══ PROVIDED RECORDS ══

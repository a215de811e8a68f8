-- ===== src/Tests/Web.antt =====
-- The theorem on the status server, at a world that authorizes the host itself and writes addresses as
-- "address:port".
use dovesnap.Prelude.{
  String, Bool, true, false, Option, none, some, [], ◌∷◌, ◌≡◌, ◌⊎◌, refl, str_eq, if◌then◌else◌,
}
use dovesnap.Prelude.Text.{split, field}
use dovesnap.Outcome.{returned}
use dovesnap.System.{Env}
use dovesnap.Web.{WebRequest, get_remote_ip, is_auth_ip, handle_networks_web}
use dovesnap.Web.Authority.{IsAuthorized, web_needs_authority}
use dovesnap.Tests.Data.{all_five, manager}

abbrev is_same : String → Option String → Bool
is_same network none = false
is_same network (some ip) = str_eq network ip

abbrev host_only : Env
host_only = record all_five {
  split_host_port = λ s. some (field 0 (split ":" s));
  parse_ip = λ s. if str_eq s "" then none else some s;
  net_contains = is_same;
}

abbrev stranger : WebRequest
stranger = record { real_ip = ""; forwarded_for = ""; remote_addr = "203.0.113.9:4444" }

web_needs_authority_example :
    IsAuthorized host_only ("127.0.0.1" ∷ []) stranger
    ⊎ (handle_networks_web ("127.0.0.1" ∷ []) stranger host_only manager
        ≡ (returned false, manager))
web_needs_authority_example = web_needs_authority ("127.0.0.1" ∷ []) stranger host_only manager

-- A client that writes the header itself is authorized from any address.
forged :
    (is_auth_ip host_only (get_remote_ip host_only stranger) ("127.0.0.1" ∷ []) ≡ false)
    × (is_auth_ip host_only
          (get_remote_ip host_only (record stranger { real_ip = "127.0.0.1:1" }))
          ("127.0.0.1" ∷ [])
        ≡ true)
unfolding is_auth_ip get_remote_ip dovesnap.Web.first_ip split field
forged = (refl, refl)

-- An address without a port is passed over.
without_port :
    get_remote_ip
      (record host_only {
        split_host_port = λ s. if str_eq s "10.0.0.7" then none else some (field 0 (split ":" s));
      })
      (record stranger { real_ip = "10.0.0.7" })
    ≡ some "203.0.113.9"
unfolding get_remote_ip dovesnap.Web.first_ip split field
without_port = refl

═══

*WHAT THE TASK REQUIRES*.
Take the records above and copy them out exactly.

*RESPONSE TO THIS TASK*.
repository a215de811e8a68f8
-- ===== src/Tests/Web.antt =====
-- The theorem on the status server, at a world that authorizes the host itself and writes addresses as
-- "address:port".
use dovesnap.Prelude.{
  String, Bool, true, false, Option, none, some, [], ◌∷◌, ◌≡◌, ◌⊎◌, refl, str_eq, if◌then◌else◌,
}
use dovesnap.Prelude.Text.{split, field}
use dovesnap.Outcome.{returned}
use dovesnap.System.{Env}
use dovesnap.Web.{WebRequest, get_remote_ip, is_auth_ip, handle_networks_web}
use dovesnap.Web.Authority.{IsAuthorized, web_needs_authority}
use dovesnap.Tests.Data.{all_five, manager}

abbrev is_same : String → Option String → Bool
is_same network none = false
is_same network (some ip) = str_eq network ip

abbrev host_only : Env
host_only = record all_five {
  split_host_port = λ s. some (field 0 (split ":" s));
  parse_ip = λ s. if str_eq s "" then none else some s;
  net_contains = is_same;
}

abbrev stranger : WebRequest
stranger = record { real_ip = ""; forwarded_for = ""; remote_addr = "203.0.113.9:4444" }

web_needs_authority_example :
    IsAuthorized host_only ("127.0.0.1" ∷ []) stranger
    ⊎ (handle_networks_web ("127.0.0.1" ∷ []) stranger host_only manager
        ≡ (returned false, manager))
web_needs_authority_example = web_needs_authority ("127.0.0.1" ∷ []) stranger host_only manager

-- A client that writes the header itself is authorized from any address.
forged :
    (is_auth_ip host_only (get_remote_ip host_only stranger) ("127.0.0.1" ∷ []) ≡ false)
    × (is_auth_ip host_only
          (get_remote_ip host_only (record stranger { real_ip = "127.0.0.1:1" }))
          ("127.0.0.1" ∷ [])
        ≡ true)
unfolding is_auth_ip get_remote_ip dovesnap.Web.first_ip split field
forged = (refl, refl)

-- An address without a port is passed over.
without_port :
    get_remote_ip
      (record host_only {
        split_host_port = λ s. if str_eq s "10.0.0.7" then none else some (field 0 (split ":" s));
      })
      (record stranger { real_ip = "10.0.0.7" })
    ≡ some "203.0.113.9"
unfolding get_remote_ip dovesnap.Web.first_ip split field
without_port = refl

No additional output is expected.